The basic idea is as follows: After a customer has transferred the required tokens into the pool but before any liquidity tokens are minted for the merchant, the smart contract triggers the function described above. This calls the developer's smart contracts through which they can decide whether the customer has paid enough, paid with an acceptable token and any additional business logic they deem necessary before transfering the purchased item to the customer. Most importantly, the developer can revert the entire transaction at any point returning all funds back to the customer if they choose to abort the transaction.

Flash Apps are very early in development and quite frankly are risky at the moment. Customers interacting with Flash Apps, should be absolutely certain that they trust the code written before making a payment since any nefarious actor can take the funds without actually honoring the purchase (although this problem exists in traditional finance as well).

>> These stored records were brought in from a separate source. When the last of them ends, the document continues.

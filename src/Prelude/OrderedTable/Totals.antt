-- ===== src/Prelude/OrderedTable/Totals.antt =====
-- What an insertion and a removal do to the sum over a table and to what holds of all its values.
use Prim.Native.Nat.{ℕ, ◌+◌, ◌≤◌}
use mathlib.Core.Path.{◌≡◌, refl, subst}
use mathlib.Core.Logic.{inl, inr}
use mathlib.Core.Option.{Option, none, some}
use mathlib.Core.List.{[], ◌∷◌}
use native.Mathlib.Omega.{arith}
use build_with_opus.Prelude.Tests.{◌==◌, ltb, Bool-cases}
use build_with_opus.Prelude.Table.{Table, lookup, remove}
use build_with_opus.Prelude.OrderedTable.{insert, Above, IsOrdered}

module _ {ℓ} {V : Type ℓ} where
  abbrev pub total : (V → ℕ) → Table V → ℕ
  total f [] = 0
  total f ((k, v) ∷ t) = f v + total f t

  abbrev pub at : (V → ℕ) → Option V → ℕ
  at f none = 0
  at f (some v) = f v

  unfoldable pub AllValues {κ} : (V → Type κ) → Table V → Type κ
  AllValues P [] = Unit {κ}
  AllValues P ((k, v) ∷ t) = P v × AllValues P t

  -- A key below all others is not in the table.
  pub lookup-Above : (i k : ℕ) (t : Table V) → i ≤ k → Above k t → lookup i t ≡ none
  unfolding lookup
  lookup-Above i k [] h a = refl
  lookup-Above i k ((j, v) ∷ t) h a = ground (arith, lookup-Above i k t h a.1)

  pub remove-Above : (i k : ℕ) (t : Table V) → i ≤ k → Above k t → remove i t ≡ t
  unfolding remove
  remove-Above i k [] h a = refl
  remove-Above i k ((j, v) ∷ t) h a = ground (arith, remove-Above i k t h a.1)

  pub total-insert :
      (f : V → ℕ) (k : ℕ) (v : V) (t : Table V)
      → IsOrdered t
      → total f (insert k v t) + at f (lookup k t) ≡ total f t + f v
  unfolding insert lookup
  total-insert f k v [] o = omega arith
  total-insert f k v ((j, w) ∷ t) o = ground (arith, total-insert f k v t o.1, lookup-Above k j t)

  pub total-remove :
      (f : V → ℕ) (k : ℕ) (t : Table V)
      → IsOrdered t
      → total f (remove k t) + at f (lookup k t) ≡ total f t
  unfolding remove lookup
  total-remove f k [] o = omega arith
  total-remove f k ((j, w) ∷ t) o = ground (arith, total-remove f k t o.1, remove-Above k j t)

  Above-remove : (i k : ℕ) (t : Table V) → Above i t → Above i (remove k t)
  unfolding remove
  Above-remove i k [] a = a
  Above-remove i k ((j, w) ∷ t) a = elim (Bool-cases (j == k)) [
    | inl e ↦ rw e (Above-remove i k t a.1)
    | inr e ↦ rw e (a.0, Above-remove i k t a.1)
  ]

  pub remove-IsOrdered : (k : ℕ) (t : Table V) → IsOrdered t → IsOrdered (remove k t)
  unfolding remove
  remove-IsOrdered k [] o = o
  remove-IsOrdered k ((j, w) ∷ t) o = elim (Bool-cases (j == k)) [
    | inl e ↦ rw e (remove-IsOrdered k t o.1)
    | inr e ↦ rw e (Above-remove j k t o.0, remove-IsOrdered k t o.1)
  ]

module _ {ℓ κ} {V : Type ℓ} (P : V → Type κ) where
  pub AllValues-insert :
      (k : ℕ) (v : V) (t : Table V) → P v → AllValues P t → AllValues P (insert k v t)
  unfolding insert AllValues
  AllValues-insert k v [] p a = (p, a)
  AllValues-insert k v ((j, w) ∷ t) p a = elim (Bool-cases (ltb k j)) [
    | inl e ↦ rw e (p, a)
    | inr e ↦ rw e (elim (Bool-cases (j == k)) [
      | inl f ↦ rw f (p, a.1)
      | inr f ↦ rw f (a.0, AllValues-insert k v t p a.1)
    ])
  ]

  pub AllValues-remove : (k : ℕ) (t : Table V) → AllValues P t → AllValues P (remove k t)
  unfolding remove AllValues
  AllValues-remove k [] a = a
  AllValues-remove k ((j, w) ∷ t) a = elim (Bool-cases (j == k)) [
    | inl e ↦ rw e (AllValues-remove k t a.1)
    | inr e ↦ rw e (a.0, AllValues-remove k t a.1)
  ]

  pub AllValues-lookup : (k : ℕ) (v : V) (t : Table V) → AllValues P t → lookup k t ≡ some v → P v
  unfolding lookup AllValues
  AllValues-lookup k v [] a e = absurd (cc e)
  AllValues-lookup k v ((j, w) ∷ t) a e = elim (Bool-cases (j == k)) [
    | inl f ↦ subst P (ground (arith, f, e)) a.0
    | inr f ↦ AllValues-lookup k v t a.1 (ground (arith, f, e))
  ]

However, we see Flash Apps evolving into a marketplace or App Store of sorts where the community hand picks their favorite apps and lists them under a common standard. This way, customers have more confidence in picking the apps they wish to interact with.

While this is still in early development, you can read more about how to use Flash Apps over here.

Epilogue#

We're very interested with working with developers, businesses, and the wider community in general to build the future of payments on Web 3.0. While it's still early, SFPY is available to use today in a beta phase. We would appreciate any feedback you have!